Do Democratic senators finally have a budget game plan?

Majority Leader Harry Reid proposes a discussion of what really matters: Entitlements and taxes

Published March 9, 2011 5:54PM (EST)

  (Evan Vucci)
(Evan Vucci)

The Wall Street Journal is reporting that Democratic Senators have finally come up with a potentially meaningful gambit in the budget showdown.

Senate Democratic leaders, seeking to break an impasse over Republican-backed spending cuts, on Tuesday proposed broadening the scope of budget negotiations into more politically volatile terrain that includes taxes, subsidies and entitlement programs.

Senate Majority Leader Harry Reid (D., Nev.) said that efforts to bridge the parties' $50 billion difference in proposed budget cuts for the remainder of fiscal-year 2011 could reach beyond domestic discretionary spending and move into tax policy and programs such as farm subsidies.

The Washington Post's Ezra Klein and FireDogLake's David Dayen were quick to approve.

Klein:

We're not going to find any real answers to our budget woes by cutting discretionary spending. That's not where the problem is. Entitlements, tax expenditures and rates, and even defense spending make more sense for a deficit-reduction deal.

Dayen:

In a political sense, this works for Democrats. They now get to say that their counterparts on the right are not serious about the budget. Because they're not. They're trying to balance a 40 percent gap with 12 percent of the spending. If the bluff is called, a longer-term deal at least spreads out the spending cuts over a number of years, and will be a lesser short-term shock to the economy.

Meanwhile, Politico editorializes that the inevitable rejection of the House spending cut proposal by the Senate may force House Speaker John Boehner to be more open to compromise, and there are even some signs that a handful of Republican Senators are acknowledging that revenue increases are necessary for a long term deficit-reduction solution.
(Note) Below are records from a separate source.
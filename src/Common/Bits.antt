-- ===== src/Common/Bits.antt =====
-- `|` of disjoint fields and `&` with the masks of xdrpp/endian.h, as arithmetic.
use Prim.Native.Nat.{digits, bitwise, bit_and-bitwise, bit_or-bitwise}
use Prim.Native.Nat.{
  ℕ, zero, suc, ◌+◌, ◌-◌, ◌*◌, ◌/◌, ◌%◌, ◌^◌, ◌≤◌, ◌<◌, min, max, bit_and, bit_or,
}
use mathlib.Core.Path.{◌≡◌, refl, ap}
use native.Mathlib.Nat.{pow-suc, one-le-pow}
use native.Mathlib.Omega.{arith}

-- The count of digits that the recursion carries does not matter once it is large enough.
module _ (z : ℕ → ℕ) (f : ℕ → ℕ → ℕ) where
  digits_count : (n m a b : ℕ) → a ≤ n → a ≤ m → digits z f n a b ≡ digits z f m a b
  digits_count zero zero zero b p q = refl
  digits_count zero zero (suc a) b p q = refl
  digits_count zero (suc m) zero b p q = refl
  digits_count zero (suc m) (suc a) b p q = absurd (omega arith)
  digits_count (suc n) zero zero b p q = refl
  digits_count (suc n) zero (suc a) b p q = absurd (omega arith)
  digits_count (suc n) (suc m) zero b p q = refl
  digits_count (suc n) (suc m) (suc a) b p q =
      omega (arith, digits_count n m (suc a / 2) (b / 2) (omega arith) (omega arith))

  bitwise_digit :
      (a b : ℕ)
      → bitwise z f (suc a) b ≡ bitwise z f (suc a / 2) (b / 2) * 2 + f (suc a % 2) (b % 2)
  bitwise_digit a b =
      omega (arith, digits_count a (suc a / 2) (suc a / 2) (b / 2) (omega arith) (omega arith))

or_digit : (a b : ℕ) → bit_or a b ≡ bit_or (a / 2) (b / 2) * 2 + max (a % 2) (b % 2)
or_digit zero b = simp bit_or-bitwise (omega arith)
or_digit (suc a) b = simp bit_or-bitwise (bitwise_digit (λ y. y) max a b)

and_digit : (a b : ℕ) → bit_and a b ≡ bit_and (a / 2) (b / 2) * 2 + min (a % 2) (b % 2)
and_digit zero b = simp bit_and-bitwise (omega arith)
and_digit (suc a) b = simp bit_and-bitwise (bitwise_digit (λ y. 0) min a b)

or_zero_below : (n a : ℕ) → a ≤ n → bit_or a 0 ≡ a
or_zero_below zero zero h = refl
or_zero_below zero (suc a) h = absurd (omega arith)
or_zero_below (suc n) zero h = refl
or_zero_below (suc n) (suc a) h =
    omega (arith, or_digit (suc a) 0, or_zero_below n (suc a / 2) (omega arith))

and_zero_below : (n a : ℕ) → a ≤ n → bit_and a 0 ≡ 0
and_zero_below zero zero h = refl
and_zero_below zero (suc a) h = absurd (omega arith)
and_zero_below (suc n) zero h = refl
and_zero_below (suc n) (suc a) h =
    omega (arith, and_digit (suc a) 0, and_zero_below n (suc a / 2) (omega arith))

double_pow : (q k : ℕ) → q * 2 ^ suc k ≡ 2 * (q * 2 ^ k)
double_pow q k = omega (arith, ap (λ (t : ℕ). q * t) (pow-suc 2 k))

-- `q << k | r` is a sum when `r` fits below bit `k`.
pub bit_or_disjoint : (k q r : ℕ) → r < 2 ^ k → bit_or (q * 2 ^ k) r ≡ q * 2 ^ k + r
bit_or_disjoint zero q r h = ground (arith, or_zero_below q q)
bit_or_disjoint (suc k) q r h =
    ground (arith, or_digit (q * 2 ^ suc k) r, double_pow q k, bit_or_disjoint k q (r / 2))

-- `r | 1 << k` is a sum when `r` fits below bit `k`.
pub bit_or_top : (k r : ℕ) → r < 2 ^ k → bit_or r (2 ^ k) ≡ r + 2 ^ k
bit_or_top zero r h = ground (arith, or_digit 0 1)
bit_or_top (suc k) r h = ground (arith, or_digit r (2 ^ suc k), pow-suc 2 k, bit_or_top k (r / 2))

-- `&` with a mask of `k` ones keeps what stands below bit `k`.
and_low_ones : (k q r : ℕ) → r < 2 ^ k → bit_and (q * 2 ^ k + r) (2 ^ k - 1) ≡ r
and_low_ones zero q r h = ground (arith, and_zero_below (q * 1 + r) (q * 1 + r))
and_low_ones (suc k) q r h = ground (
  arith,
  and_digit (q * 2 ^ suc k + r) (2 ^ suc k - 1),
  double_pow q k,
  pow-suc 2 k,
  one-le-pow k 2,
  and_low_ones k q (r / 2),
)

pub bit_and_low_byte : (v : ℕ) → bit_and v 0xff ≡ v % 256
bit_and_low_byte v = ground (arith, and_low_ones 8 (v / 256) (v % 256))

and_even : (v m : ℕ) → bit_and v (2 * m) ≡ bit_and (v / 2) m * 2
and_even v m = ground (arith, and_digit v (2 * m))

and_shift_four : (v m : ℕ) → bit_and v (16 * m) ≡ bit_and (v / 16) m * 16
and_shift_four v m = ground (
  arith,
  and_even v (8 * m),
  and_even (v / 2) (4 * m),
  and_even (v / 4) (2 * m),
  and_even (v / 8) m,
)

quarters : (v : ℕ) → v / 16 / 16 ≡ v / 256
quarters v = omega arith

-- `v & 0xff00` is the second byte, in place.
pub bit_and_second_byte : (v : ℕ) → bit_and v 0xff00 ≡ v / 256 % 256 * 256
bit_and_second_byte v = omega (
  arith,
  and_shift_four v 0xff0,
  and_shift_four (v / 16) 0xff,
  ap (λ (t : ℕ). bit_and t 0xff) (quarters v),
  bit_and_low_byte (v / 256),
)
It's encouraging to hear discussion of a more comprehensive solution to the nation's fiscal situation, even if most of the rhetoric is mere posturing. But it's hard to see how any of this will alleviate the pressure to come up with another round of quick -- and potentially economically deleterious -- budget cuts to get the House GOP to agree to another short term continuing resolution that keeps the government open past March 18.

And in the meantime, there's still one voice that's conspicuously absent from this debat e-- the voice of the man best situated to propose a long-term strategy that protects the economy in the short term and reduces deficits in the long term.

Once again, where is Obama?


By Andrew Leonard

Andrew Leonard is a staff writer at Salon. On Twitter, @koxinga21.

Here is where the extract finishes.